- [Problem details]: Look through the records and copy each line with the string "Option" in it.
** Opening Given data block **
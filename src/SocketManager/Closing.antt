-- ===== src/SocketManager/Closing.antt =====
-- Who is told of a close, how often, and with which callback.
use ctaps.Prelude.{
  ℕ, ◌+◌, ◌≤◌, ◌≡◌, refl, sym, subst, inl, inr, Bool, true, false, Option, some, List, [], ◌∷◌,
  ◌++◌, arith, ◌==◌, if◌then◌else◌, ==_iff, Bool-cases,
}
use ctaps.SocketManager.State.{
  ConnectionState, CloseReason, graceful, establishment_failed, connection_failed, Connection,
  Listener, Call, connection_closed, connection_error, establishment_error, close_socket, Manager,
  call_if, is_closed, is_establishing, open_connections, find_connection, change_connection,
  mark_as_closed, get_num_open_dependents, get_last_open_connection,
}
use ctaps.SocketManager.Callbacks.{
  notify_of_connection_close, socket_closed, closed_socket_cb, close_with_reason,
  closed_connection_cb, establishment_error_cb, aborted_connection_cb,
}

-- The connection is in the manager, and open.
abbrev pub IsOpenIn : Connection → Manager → Type 0
IsOpenIn c m = (find_connection c.uuid m.all_connections ≡ some c) × (is_closed c ≡ false)

found-open :
    (u : ℕ) (cs : List Connection) (c : Connection)
    → find_connection u cs ≡ some c
    → is_closed c ≡ false
    → 1 ≤ open_connections cs
unfolding find_connection
found-open u [] c h o = cc
found-open u (x ∷ cs) c h o = elim (Bool-cases (x.uuid == u)) [
  | inl p ↦ ground (arith, h, p, o)
  | inr p ↦ ground (arith, found-open u cs c (ground (arith, h, p)) o)
]

-- If the connection is the only one open, it is the one that the search finds.
only-open :
    (u : ℕ) (cs : List Connection) (c : Connection)
    → find_connection u cs ≡ some c
    → is_closed c ≡ false
    → open_connections cs ≡ 1
    → get_last_open_connection cs ≡ some c
unfolding find_connection get_last_open_connection
only-open u [] c h o e = cc
only-open u (x ∷ cs) c h o e = elim (Bool-cases (x.uuid == u)) [
  | inl p ↦ ground (arith, h, p, o)
  | inr p ↦
      let rest : find_connection u cs ≡ some c = ground (arith, h, p) in
      ground (arith, found-open u cs c rest o, only-open u cs c rest o)
]

-- The ways in which a protocol says that a connection is over.
pub data Ending : Type 0 where
  was_closed was_aborted was_not_established : Ending

-- The manager's callback for each, and the close of the socket that it asks for, when it does.
unfoldable pub ended : Ending → Connection → Manager → Manager
ended was_closed c m = closed_connection_cb c m
ended was_aborted c m = aborted_connection_cb c m
ended was_not_established c m = establishment_error_cb c m

unfoldable pub settle : Manager → Manager → Manager
settle before after = if get_num_open_dependents before == 1 then closed_socket_cb after else after

abbrev call_list : Bool → Call → List Call
call_list b k = if b then k ∷ [] else []

-- What the user has to hear of the connection's end.
unfoldable pub told : Ending → Connection → List Call
told was_closed c = call_list c.on_closed (connection_closed c.uuid)
told was_aborted c =
    if is_establishing c
    then call_list c.on_establishment_error (establishment_error c.uuid)
    else call_list c.on_connection_error (connection_error c.uuid)
told was_not_established c = call_list c.on_establishment_error (establishment_error c.uuid)

unfoldable pub socket_calls : Manager → List Call
socket_calls m = if get_num_open_dependents m == 1 then close_socket ∷ [] else []

call_if-calls :
    (b : Bool) (k : Call) (m : Manager) → (call_if b k m).calls ≡ call_list b k ++ m.calls
call_if-calls true k m = refl
call_if-calls false k m = refl

call_if-connections :
    (b : Bool) (k : Call) (m : Manager) → (call_if b k m).all_connections ≡ m.all_connections
call_if-connections true k m = refl
call_if-connections false k m = refl

call_if-listener : (b : Bool) (k : Call) (m : Manager) → (call_if b k m).listener ≡ m.listener
call_if-listener true k m = refl
call_if-listener false k m = refl

open-one :
    (c : Connection) (m : Manager)
    → IsOpenIn c m
    → get_num_open_dependents m ≡ 1
    → get_last_open_connection m.all_connections ≡ some c
unfolding get_num_open_dependents
open-one c m (h, o) e =
    let more : 1 ≤ open_connections m.all_connections = found-open c.uuid m.all_connections c h o in
    only-open c.uuid m.all_connections c h o (ground (arith, e, more))

-- The final close, through the socket.
through-socket :
    (r : CloseReason) (c : Connection) (m : Manager)
    → IsOpenIn c m
    → get_num_open_dependents m ≡ 1
    → closed_socket_cb (close_with_reason r m)
      ≡ notify_of_connection_close c (mark_as_closed c.uuid (close_with_reason r m))
unfolding closed_socket_cb close_with_reason socket_closed
through-socket r c m h e = rw (open-one c m h e)

-- A manager after a step: its connections, its listener and its calls.
abbrev After : List Connection → Option Listener → List Call → Manager → Type 0
After cs l ks m = (m.all_connections ≡ cs) × (m.listener ≡ l) × (m.calls ≡ ks)

call_if-After :
    (b : Bool) (k : Call) (m : Manager)
    → After m.all_connections m.listener (call_list b k ++ m.calls) (call_if b k m)
call_if-After true k m = (refl, refl, refl)
call_if-After false k m = (refl, refl, refl)

abbrev told_as : CloseReason → Connection → List Call
told_as graceful c = call_list c.on_closed (connection_closed c.uuid)
told_as connection_failed c = call_list c.on_connection_error (connection_error c.uuid)
told_as establishment_failed c = call_list c.on_establishment_error (establishment_error c.uuid)

-- The end of the last connection, for the reason that is kept till the socket is closed.
last-After :
    (r : CloseReason) (c : Connection) (m : Manager)
    → IsOpenIn c m
    → get_num_open_dependents m ≡ 1
    → After
        (mark_as_closed c.uuid m).all_connections
        m.listener
        (told_as r c ++ (close_socket ∷ m.calls))
        (closed_socket_cb (close_with_reason r m))
unfolding close_with_reason mark_as_closed notify_of_connection_close
last-After r c m h e =
    subst
      (After (mark_as_closed c.uuid m).all_connections m.listener
        (told_as r c ++ (close_socket ∷ m.calls)))
      (sym (through-socket r c m h e)) (by_reason r)
  where
    by_reason :
        (q : CloseReason)
        → After
            (mark_as_closed c.uuid m).all_connections
            m.listener
            (told_as q c ++ (close_socket ∷ m.calls))
            (notify_of_connection_close c (mark_as_closed c.uuid (close_with_reason q m)))
    by_reason graceful = call_if-After _ _ _
    by_reason connection_failed = call_if-After _ _ _
    by_reason establishment_failed = call_if-After _ _ _

-- What an end of the connection leaves, with the socket's own.
abbrev Told : Ending → Connection → Manager → Type 0
Told e c m =
    After (mark_as_closed c.uuid m).all_connections m.listener
      (told e c ++ (socket_calls m ++ m.calls)) (settle m (ended e c m))

last-Told :
    (e : Ending) (c : Connection) (m : Manager)
    → IsOpenIn c m
    → (get_num_open_dependents m == 1) ≡ true
    → Told e c m
unfolding settle ended told socket_calls closed_connection_cb aborted_connection_cb
    establishment_error_cb
last-Told was_closed c m h p = rw p (last-After graceful c m h ((==_iff _ _).0 p))
last-Told was_not_established c m h p =
    rw p (last-After establishment_failed c m h ((==_iff _ _).0 p))
last-Told was_aborted c m h p = elim (Bool-cases (is_establishing c)) [
  | inl q ↦ rw (p, q) (last-After establishment_failed c m h ((==_iff _ _).0 p))
  | inr q ↦ rw (p, q) (last-After connection_failed c m h ((==_iff _ _).0 p))
]

others-Told :
    (e : Ending) (c : Connection) (m : Manager)
    → (get_num_open_dependents m == 1) ≡ false
    → Told e c m
unfolding settle ended told socket_calls closed_connection_cb aborted_connection_cb
    establishment_error_cb mark_as_closed
others-Told was_closed c m p = rw p (call_if-After _ _ _)
others-Told was_not_established c m p = rw p (call_if-After _ _ _)
others-Told was_aborted c m p = elim (Bool-cases (is_establishing c)) [
  | inl q ↦ rw (p, q) (call_if-After _ _ _)
  | inr q ↦ rw (p, q) (call_if-After _ _ _)
]

-- However a protocol says that an open connection is over, and whether or not it was the last
-- dependent of the socket, once the socket that is closed with the last one has been closed,
-- exactly that connection is marked closed, the listener is as it was, and the user has been
-- called exactly once, with the callback of that end if it is set; and the socket was closed, before
-- that call, exactly if the connection was the last.
pub ended-told :
    (e : Ending) (c : Connection) (m : Manager)
    → IsOpenIn c m
    → ((settle m (ended e c m)).all_connections ≡ (mark_as_closed c.uuid m).all_connections)
      × ((settle m (ended e c m)).listener ≡ m.listener)
      × ((settle m (ended e c m)).calls ≡ told e c ++ (socket_calls m ++ m.calls))
ended-told e c m h = elim (Bool-cases (get_num_open_dependents m == 1)) [
  | inl p ↦ last-Told e c m h p
  | inr p ↦ others-Told e c m p
]

change-count :
    (u : ℕ) (cs : List Connection) (c : Connection)
    → find_connection u cs ≡ some c
    → is_closed c ≡ false
    → open_connections (change_connection u (λ x. record x { state = ConnectionState.closed }) cs)
        + 1
      ≡ open_connections cs
unfolding find_connection change_connection
change-count u [] c h o = cc
change-count u (x ∷ cs) c h o = elim (Bool-cases (x.uuid == u)) [
  | inl p ↦ ground (arith, h, p, o)
  | inr p ↦ ground (arith, h, p, change-count u cs c (ground (arith, h, p)) o)
]

-- The end of an open connection leaves one open dependent less.
pub ended-get_num_open_dependents :
    (e : Ending) (c : Connection) (m : Manager)
    → IsOpenIn c m
    → get_num_open_dependents (settle m (ended e c m)) + 1 ≡ get_num_open_dependents m
unfolding get_num_open_dependents mark_as_closed
ended-get_num_open_dependents e c m h =
    let t = ended-told e c m h in
    rw (t.0, t.1) (omega (arith, change-count c.uuid m.all_connections c h.0 h.1))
** Closing Given data block **
- [Your response]:
  ℕ, ◌+◌, ◌≤◌, ◌≡◌, refl, sym, subst, inl, inr, Bool, true, false, Option, some, List, [], ◌∷◌,
abbrev After : List Connection → Option Listener → List Call → Manager → Type 0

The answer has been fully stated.